TASK GOAL =>
Below this line is a set of entries; quote exactly the lines from the line that contains "get_or-last_append (b ∷ []) c d = refl" to the line that contains "< length xs", both lines included.

-- INFORMATION GIVEN follows --

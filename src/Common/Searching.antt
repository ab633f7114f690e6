-- ===== src/Common/Searching.antt =====
-- What the Boolean searches through lists and texts find.
use Prim.Native.Nat.{zero, suc, ◌<◌, ◌-◌, ℕ}
use mathlib.Core.Path.{subst, ◌≡◌, refl, ap}
use mathlib.Core.Logic.{inl, inr}
use mathlib.Core.Bool.{Bool, true}
use mathlib.Core.List.{List, [], ◌∷◌, ◌++◌}
use native.Mathlib.Omega.{arith}
use native.Mathlib.Numerals.{unary_clauses}
use qurator.Common.Tests.{Eq, ◌==◌, nat_beq_iff, Bool-cases}
use qurator.Common.Lists.{all, any, In, here, there, length, get_or}
use qurator.Common.Strings.{Text, has_prefix, contains}

module _ {ℓ} {A : Type ℓ} (p : A → Bool) where
  pub all→in : (xs : List A) → all p xs ≡ true → (x : A) → In x xs → p x ≡ true
  all→in [] h x i = elim i [ ]
  all→in (y ∷ xs) h x here = ground arith
  all→in (y ∷ xs) h x (there i) = all→in xs (ground arith) x i

  pub in→all : (xs : List A) → ((x : A) → In x xs → p x ≡ true) → all p xs ≡ true
  in→all [] h = refl
  in→all (y ∷ xs) h = ground (arith, h y here, in→all xs (λ x i. h x (there i)))

  pub any→in : (xs : List A) → any p xs ≡ true → (x : A) × In x xs × (p x ≡ true)
  any→in [] h = absurd (ground arith)
  any→in (y ∷ xs) h = elim (Bool-cases (p y)) [
    | inl t ↦ (y, here, t)
    | inr f ↦ let (x, i, t) = any→in xs (ground arith) in (x, there i, t)
  ]

  pub in→any : (x : A) (xs : List A) → In x xs → p x ≡ true → any p xs ≡ true
  in→any x [] i h = elim i [ ]
  in→any x (y ∷ xs) here h = ground arith
  in→any x (y ∷ xs) (there i) h = ground (arith, in→any x xs i h)

module _ {ℓ} {A : Type ℓ} ⦃e : Eq A⦄ where
  -- Membership, as a lookup in a Go map used as a set.
  unfoldable pub member : A → List A → Bool
  member a xs = any (λ x. x == a) xs

  pub member→in : (a : A) (xs : List A) → member a xs ≡ true → In a xs
  unfolding member
  member→in a xs h =
      let (x, i, t) = any→in (λ y. y == a) xs h in subst (λ y. In y xs) ((e.beq_iff x a).0 t) i

  pub in→member : (a : A) (xs : List A) → In a xs → member a xs ≡ true
  unfolding member
  in→member a xs i = in→any (λ y. y == a) a xs i ((e.beq_iff a a).1 refl)

pub has_prefix→split : (p s : Text) → has_prefix p s ≡ true → (rest : Text) × (s ≡ p ++ rest)
unfolding has_prefix
has_prefix→split [] s h = (s, refl)
has_prefix→split (a ∷ p) [] h = absurd (ground arith)
has_prefix→split (a ∷ p) (c ∷ s) h =
    let (rest, e) = has_prefix→split p s (ground arith) in (rest, ground arith)

pub has_prefix-append : (p rest : Text) → has_prefix p (p ++ rest) ≡ true
unfolding has_prefix
has_prefix-append [] rest = refl
has_prefix-append (a ∷ p) rest = ground (arith, nat_beq_iff a a, has_prefix-append p rest)

pub contains→split :
    (p s : Text) → contains p s ≡ true → (before after : Text) × (s ≡ before ++ (p ++ after))
unfolding contains
contains→split [] [] h = ([], [], refl)
contains→split (a ∷ p) [] h = absurd (ground arith)
contains→split p (c ∷ s) h = elim (Bool-cases (has_prefix p (c ∷ s))) [
  | inl t ↦ let (rest, e) = has_prefix→split p (c ∷ s) t in ([], rest, e)
  | inr f ↦
      let (before, after, e) = contains→split p s (ground arith) in
      (c ∷ before, after, ap (◌∷◌ c) e)
]

pub contains-append : (p before after : Text) → contains p (before ++ (p ++ after)) ≡ true
unfolding contains
contains-append [] [] [] = refl
contains-append [] [] (c ∷ after) = ground (arith, has_prefix-append [] (c ∷ after))
contains-append (a ∷ p) [] after = ground (arith, has_prefix-append (a ∷ p) after)
contains-append p (c ∷ before) after = ground (arith, contains-append p before after)

-- The byte at index `len(s)-1`.
pub get_or-last :
    (s : Text) (d : ℕ)
    → 0 < length s
    → (init : Text) × (s ≡ init ++ (get_or s (length s - 1) d ∷ []))
get_or-last [] d h = absurd (omega arith)
get_or-last (c ∷ []) d h = ([], refl)
get_or-last (c ∷ b ∷ s) d h =
    let (init, e) = get_or-last (b ∷ s) d (omega arith) in (c ∷ init, ground arith)

pub get_or-last_append :
    (init : Text) (c d : ℕ) → get_or (init ++ (c ∷ [])) (length (init ++ (c ∷ [])) - 1) d ≡ c
get_or-last_append [] c d = refl
get_or-last_append (b ∷ []) c d = refl
get_or-last_append (b ∷ b' ∷ init) c d =
    simp unary_clauses (simp unary_clauses at (get_or-last_append (b' ∷ init) c d))

pub In-append_last : (init : Text) (c : ℕ) → In c (init ++ (c ∷ []))
In-append_last [] c = here
In-append_last (b ∷ init) c = there (In-append_last init c)

pub all→get_or {ℓ} :
    {A : Type ℓ} (p : A → Bool) (xs : List A) (i : ℕ) (d : A)
    → all p xs ≡ true
    → i < length xs
    → p (get_or xs i d) ≡ true
all→get_or p [] i d h lt = absurd (omega arith)
all→get_or p (x ∷ xs) zero d h lt = ground arith
all→get_or p (x ∷ xs) (suc i) d h lt = all→get_or p xs i d (ground arith) (omega arith)
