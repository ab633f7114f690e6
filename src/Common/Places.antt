-- ===== src/Common/Places.antt =====
-- Lists by position: the elements of a fixed number of parties, one of which changes.
use Prim.Native.Nat.{ℕ, zero, suc, ◌+◌, ◌≤◌}
use mathlib.Core.Path.{◌≡◌, refl, ap, subst}
use mathlib.Core.Option.{Option, none, some}
use mathlib.Core.List.{List, [], ◌∷◌}
use native.Mathlib.Omega.{arith}
use qurator.Common.Lists.{length, All}

module _ {ℓ} {A : Type ℓ} where
  unfoldable pub at : ℕ → List A → Option A
  at i [] = none
  at zero (x ∷ xs) = some x
  at (suc i) (x ∷ xs) = at i xs

  unfoldable pub replace : ℕ → A → List A → List A
  replace i y [] = []
  replace zero y (x ∷ xs) = y ∷ xs
  replace (suc i) y (x ∷ xs) = x ∷ replace i y xs

  unfoldable pub copies : ℕ → A → List A
  copies zero x = []
  copies (suc n) x = x ∷ copies n x

  unfoldable pub total : (A → ℕ) → List A → ℕ
  total w [] = 0
  total w (x ∷ xs) = w x + total w xs

  pub total-replace :
      (w : A → ℕ) (i : ℕ) (x y : A) (xs : List A)
      → at i xs ≡ some x
      → total w (replace i y xs) + w x ≡ total w xs + w y
  unfolding at replace total
  total-replace w i x y [] e = absurd (ground arith)
  total-replace w zero x y (z ∷ xs) e = ground arith
  total-replace w (suc i) x y (z ∷ xs) e = omega (arith, total-replace w i x y xs e)

  pub total-le : (w : A → ℕ) (i : ℕ) (x : A) (xs : List A) → at i xs ≡ some x → w x ≤ total w xs
  unfolding at total
  total-le w i x [] e = absurd (ground arith)
  total-le w zero x (z ∷ xs) e = ground arith
  total-le w (suc i) x (z ∷ xs) e = omega (arith, total-le w i x xs e)

  pub total-copies : (w : A → ℕ) (n : ℕ) (x : A) → w x ≡ 0 → total w (copies n x) ≡ 0
  unfolding copies total
  total-copies w zero x e = refl
  total-copies w (suc n) x e = omega (arith, total-copies w n x e, e)

  pub length-replace : (i : ℕ) (y : A) (xs : List A) → length (replace i y xs) ≡ length xs
  unfolding replace
  length-replace i y [] = refl
  length-replace zero y (x ∷ xs) = refl
  length-replace (suc i) y (x ∷ xs) = omega (arith, length-replace i y xs)

  pub total-eq-zero :
      (w : A → ℕ) (xs : List A) → ((i : ℕ) (x : A) → at i xs ≡ some x → w x ≡ 0) → total w xs ≡ 0
  unfolding at total
  total-eq-zero w [] h = refl
  total-eq-zero w (x ∷ xs) h = omega (arith, h zero x refl, total-eq-zero w xs (λ i. h (suc i)))

  pub length-copies : (n : ℕ) (x : A) → length (copies n x) ≡ n
  unfolding copies
  length-copies zero x = refl
  length-copies (suc n) x = ap suc (length-copies n x)

module _ {ℓ κ} {A : Type ℓ} (P : A → Type κ) where
  pub All-at : (i : ℕ) (x : A) (xs : List A) → at i xs ≡ some x → All P xs → P x
  unfolding at
  All-at i x [] e h = absurd (ground arith)
  All-at zero x (z ∷ xs) e h = let q : z ≡ x = cc in subst P q h.0
  All-at (suc i) x (z ∷ xs) e h = All-at i x xs e h.1

  pub All-replace : (i : ℕ) (y : A) (xs : List A) → P y → All P xs → All P (replace i y xs)
  unfolding replace
  All-replace i y [] p h = tt
  All-replace zero y (x ∷ xs) p h = (p, h.1)
  All-replace (suc i) y (x ∷ xs) p h = (h.0, All-replace i y xs p h.1)

  pub All-copies : (n : ℕ) (x : A) → P x → All P (copies n x)
  unfolding copies
  All-copies zero x p = tt
  All-copies (suc n) x p = (p, All-copies n x p)

-- A property of the value of an option, if it has one.
module _ {ℓ κ} {A : Type ℓ} (P : A → Type κ) where
  abbrev pub IfSome : Option A → Type κ
  IfSome none = Unit
  IfSome (some a) = P a

  pub IfSome-elim : (o : Option A) (a : A) → IfSome o → o ≡ some a → P a
  IfSome-elim none a h e = absurd (ground arith)
  IfSome-elim (some b) a h e = let q : b ≡ a = cc in subst P q h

-- INFORMATION GIVEN concluded --

RESPONSE BOX =>
get_or-last_append (b ∷ []) c d = refl
get_or-last_append (b ∷ b' ∷ init) c d =
    simp unary_clauses (simp unary_clauses at (get_or-last_append (b' ∷ init) c d))

pub In-append_last : (init : Text) (c : ℕ) → In c (init ++ (c ∷ []))
In-append_last [] c = here
In-append_last (b ∷ init) c = there (In-append_last init c)

pub all→get_or {ℓ} :
    {A : Type ℓ} (p : A → Bool) (xs : List A) (i : ℕ) (d : A)
    → all p xs ≡ true
    → i < length xs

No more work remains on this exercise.